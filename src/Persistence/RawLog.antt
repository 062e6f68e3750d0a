-- ===== src/Persistence/RawLog.antt =====
-- The raw log of src/persistence/raw-event-log-store.ts: positions rise, ids are distinct, and a
-- duplicate delivery changes nothing.
use notestr.Prelude.{
  ℕ, ◌≤◌, ◌<◌, ◌≡◌, refl, ap, ◌∙◌, Text, Bool, true, false, none, some, List, [], ◌∷◌, ◌++◌, All,
  any, find, any-append, any-find-none, same, same_iff, same_refl, arith, Option-cases, inl, inr,
  lit, same-append, if◌then◌else◌,
}
use mathlib.Core.Path.{subst₂}
use notestr.Prelude.Dict.{set, get-set}
use notestr.Engine.Types.{RawProtocolFact, RawProtocolFactInput, AppendFactResult, raw_facts_key}
use notestr.Persistence.{
  Disk, stored_facts, next_seq, append_fact_update, append_fact, insert_by_seq, sort_by_seq,
  load_facts,
}

-- The positions rise along the log, all above `n`.
abbrev pub Rising : ℕ → List RawProtocolFact → Type 0
Rising n [] = Unit
Rising n (f ∷ fs) = (n < f.seq) × Rising f.seq fs

abbrev pub has_id : Text → RawProtocolFact → Bool
has_id id f = same f.id id

abbrev pub Distinct : List RawProtocolFact → Type 0
Distinct [] = Unit
Distinct (f ∷ fs) = (any (has_id f.id) fs ≡ false) × Distinct fs

pub record IsLog (fs : List RawProtocolFact) : Type 0 where
  pub rising : Rising 0 fs
  pub distinct : Distinct fs

next_seq-pos : (fs : List RawProtocolFact) → 0 < next_seq fs
unfolding next_seq
next_seq-pos [] = omega arith
next_seq-pos (f ∷ []) = omega arith
next_seq-pos (f ∷ g ∷ fs) = next_seq-pos (g ∷ fs)

next_seq_above :
    (n : ℕ) (f : RawProtocolFact) (fs : List RawProtocolFact)
    → Rising n (f ∷ fs)
    → n < next_seq (f ∷ fs)
unfolding next_seq
next_seq_above n f [] h = omega arith
next_seq_above n f (g ∷ fs) h = omega (arith, next_seq_above f.seq g fs h.1)

-- The next position is above every position of the log.
pub seq-lt-next_seq :
    (n : ℕ) (fs : List RawProtocolFact) → Rising n fs → All (λ f. f.seq < next_seq fs) fs
unfolding next_seq
seq-lt-next_seq n [] h = tt
seq-lt-next_seq n (f ∷ []) h = (omega arith, tt)
seq-lt-next_seq n (f ∷ g ∷ fs) h =
    (next_seq_above f.seq g fs h.1, seq-lt-next_seq f.seq (g ∷ fs) h.1)

Rising-snoc :
    (n : ℕ) (fs : List RawProtocolFact) (f : RawProtocolFact)
    → Rising n fs
    → n < f.seq
    → next_seq fs ≤ f.seq
    → Rising n (fs ++ f ∷ [])
unfolding next_seq
Rising-snoc n [] f h p q = (p, tt)
Rising-snoc n (g ∷ []) f h p q = (h.0, (omega arith, tt))
Rising-snoc n (g ∷ k ∷ fs) f h p q =
    (h.0, Rising-snoc g.seq (k ∷ fs) f h.1 (omega (arith, next_seq_above g.seq k fs h.1)) q)

Distinct-snoc :
    (fs : List RawProtocolFact) (f : RawProtocolFact)
    → Distinct fs
    → any (has_id f.id) fs ≡ false
    → Distinct (fs ++ f ∷ [])
unfolding any
Distinct-snoc [] f h p = (refl, tt)
Distinct-snoc (g ∷ fs) f h p = (
  any-append (has_id g.id) fs (f ∷ []) ∙ ground (arith, same_iff g.id f.id, same_iff f.id g.id),
  Distinct-snoc fs f h.1 (ground arith),
)

find-snoc :
    (fs : List RawProtocolFact) (f : RawProtocolFact)
    → find (has_id f.id) fs ≡ none
    → find (has_id f.id) (fs ++ f ∷ []) ≡ some f
unfolding find
find-snoc [] f h = ground (arith, same_refl f.id)
find-snoc (g ∷ fs) f h = ground (arith, find-snoc fs f)

insert_by_seq_first :
    (f : RawProtocolFact) (fs : List RawProtocolFact)
    → Rising f.seq fs
    → insert_by_seq f fs ≡ f ∷ fs
unfolding insert_by_seq
insert_by_seq_first f [] h = refl
insert_by_seq_first f (g ∷ fs) h = ground arith

sort_by_seq-Rising : (n : ℕ) (fs : List RawProtocolFact) → Rising n fs → sort_by_seq fs ≡ fs
unfolding sort_by_seq
sort_by_seq-Rising n [] h = refl
sort_by_seq-Rising n (f ∷ fs) h =
    ap (insert_by_seq f) (sort_by_seq-Rising f.seq fs h.1) ∙ insert_by_seq_first f fs h.1

-- `loadFacts` gives the facts of a well-formed log in the order of their appends.
load_facts-IsLog :
    (d : Disk) (g : Text) → IsLog (stored_facts d g) → load_facts d g ≡ stored_facts d g
unfolding load_facts
load_facts-IsLog d g h = sort_by_seq-Rising 0 (stored_facts d g) h.rising

-- What an append does to a log of facts and what it answers.
pub record Appended (old new : List RawProtocolFact) (fact : RawProtocolFactInput)
    (r : AppendFactResult) : Type 0 where
  pub answer : find (has_id fact.id) new ≡ some r.fact
  pub on_duplicate : r.duplicate ≡ true → (new ≡ old) × (find (has_id fact.id) old ≡ some r.fact)
  pub on_fresh :
      r.duplicate ≡ false
      → (new ≡ old ++ r.fact ∷ []) × (r.fact.input ≡ fact) × All (λ f. f.seq < r.fact.seq) old

append_fact_update_lem :
    (fs : List RawProtocolFact) (fact : RawProtocolFactInput)
    → IsLog fs
    → IsLog (append_fact_update fs fact).1
      × Appended fs (append_fact_update fs fact).1 fact (append_fact_update fs fact).0
unfolding append_fact_update
append_fact_update_lem fs fact h = elim (Option-cases (find (has_id fact.id) fs)) [
  | inr (g, e) ↦
      rw (e, append_fact_update)
        (h, record { answer = e; on_duplicate = λ _. (refl, e); on_fresh = λ p. cc })
  | inl e ↦
      let f : RawProtocolFact = record { input = fact; seq = next_seq fs } in
      rw (e, append_fact_update)
        (
          record {
            rising = Rising-snoc 0 fs f h.rising (next_seq-pos fs) (omega arith);
            distinct = Distinct-snoc fs f h.distinct (any-find-none (has_id fact.id) fs e);
          },
          record {
            answer = find-snoc fs f e;
            on_duplicate = λ p. cc;
            on_fresh = λ _. (refl, refl, seq-lt-next_seq 0 fs h.rising);
          },
        )
]

same-raw_facts_key : (g h : Text) → same (raw_facts_key g) (raw_facts_key h) ≡ same g h
unfolding raw_facts_key
same-raw_facts_key g h = same-append (lit "notestr:raw-facts:") g h

stored_facts-set :
    (d : Disk) (g h : Text) (fs : List RawProtocolFact)
    → stored_facts (record d { raw_facts = set (raw_facts_key g) fs d.raw_facts }) h
      ≡ (if same g h then fs else stored_facts d h)
unfolding stored_facts
stored_facts-set d g h fs =
    ground
      (arith, get-set (raw_facts_key g) (raw_facts_key h) fs d.raw_facts, same-raw_facts_key g h)

abbrev LogAfter : Disk → Disk → RawProtocolFactInput → AppendFactResult → Type 0
LogAfter d d' fact r =
    IsLog (stored_facts d' fact.group_id)
    × Appended (stored_facts d fact.group_id) (stored_facts d' fact.group_id) fact r
    × ((h : Text) → same fact.group_id h ≡ false → stored_facts d' h ≡ stored_facts d h)

-- The group's log after the updater.
abbrev updated : Disk → RawProtocolFactInput → AppendFactResult × List RawProtocolFact
updated d fact = append_fact_update (stored_facts d fact.group_id) fact

abbrev written : Disk → RawProtocolFactInput → Disk
written d fact = record d {
  raw_facts = set (raw_facts_key fact.group_id) (updated d fact).1 d.raw_facts;
}

append_fact-eq-some :
    (d d' : Disk) (fact : RawProtocolFactInput) (r : AppendFactResult)
    → append_fact d fact ≡ some (r, d')
    → ((updated d fact).0 ≡ r) × (written d fact ≡ d')
unfolding append_fact
append_fact-eq-some d d' fact r e = ground arith

updated-written :
    (d : Disk) (fact : RawProtocolFactInput)
    → stored_facts (written d fact) fact.group_id ≡ (updated d fact).1
updated-written d fact =
    stored_facts-set d fact.group_id fact.group_id (updated d fact).1
    ∙ ground (arith, same_refl fact.group_id)

written-LogAfter :
    (d : Disk) (fact : RawProtocolFactInput)
    → IsLog (stored_facts d fact.group_id)
    → LogAfter d (written d fact) fact (updated d fact).0
written-LogAfter d fact h =
    let done = append_fact_update_lem (stored_facts d fact.group_id) fact h in
    (
      rw (updated-written d fact) done.0,
      rw (updated-written d fact) done.1,
      λ k ne. ground (arith, stored_facts-set d fact.group_id k (updated d fact).1),
    )

-- An append that returns keeps the group's log well formed: positions rise and ids are distinct.
-- A duplicate id gets the stored fact back and leaves the log; a fresh one goes to the end at a
-- position above all others. The logs of other groups stay.
pub append_fact-Appended :
    (d d' : Disk) (fact : RawProtocolFactInput) (r : AppendFactResult)
    → IsLog (stored_facts d fact.group_id)
    → append_fact d fact ≡ some (r, d')
    → IsLog (stored_facts d' fact.group_id)
      × Appended (stored_facts d fact.group_id) (stored_facts d' fact.group_id) fact r
      × ((h : Text) → same fact.group_id h ≡ false → stored_facts d' h ≡ stored_facts d h)
append_fact-Appended d d' fact r h e =
    let same_result = append_fact-eq-some d d' fact r e in
    subst₂ (λ x y. LogAfter d x fact y) same_result.1 same_result.0 (written-LogAfter d fact h)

^^^^

From the records above, transcribe exactly the run of lines that opens with the line holding "-- The next" and closes with the line holding "f.id) fs ≡ none", both included.

» **Solved exercise**
-- The next position is above every position of the log.
pub seq-lt-next_seq :
    (n : ℕ) (fs : List RawProtocolFact) → Rising n fs → All (λ f. f.seq < next_seq fs) fs
unfolding next_seq
seq-lt-next_seq n [] h = tt
seq-lt-next_seq n (f ∷ []) h = (omega arith, tt)
seq-lt-next_seq n (f ∷ g ∷ fs) h =
    (next_seq_above f.seq g fs h.1, seq-lt-next_seq f.seq (g ∷ fs) h.1)

Rising-snoc :
    (n : ℕ) (fs : List RawProtocolFact) (f : RawProtocolFact)
    → Rising n fs
    → n < f.seq
    → next_seq fs ≤ f.seq
    → Rising n (fs ++ f ∷ [])
unfolding next_seq
Rising-snoc n [] f h p q = (p, tt)
Rising-snoc n (g ∷ []) f h p q = (h.0, (omega arith, tt))
Rising-snoc n (g ∷ k ∷ fs) f h p q =
    (h.0, Rising-snoc g.seq (k ∷ fs) f h.1 (omega (arith, next_seq_above g.seq k fs h.1)) q)

Distinct-snoc :
    (fs : List RawProtocolFact) (f : RawProtocolFact)
    → Distinct fs
    → any (has_id f.id) fs ≡ false
    → Distinct (fs ++ f ∷ [])
unfolding any
Distinct-snoc [] f h p = (refl, tt)
Distinct-snoc (g ∷ fs) f h p = (
  any-append (has_id g.id) fs (f ∷ []) ∙ ground (arith, same_iff g.id f.id, same_iff f.id g.id),
  Distinct-snoc fs f h.1 (ground arith),
)

find-snoc :
    (fs : List RawProtocolFact) (f : RawProtocolFact)
    → find (has_id f.id) fs ≡ none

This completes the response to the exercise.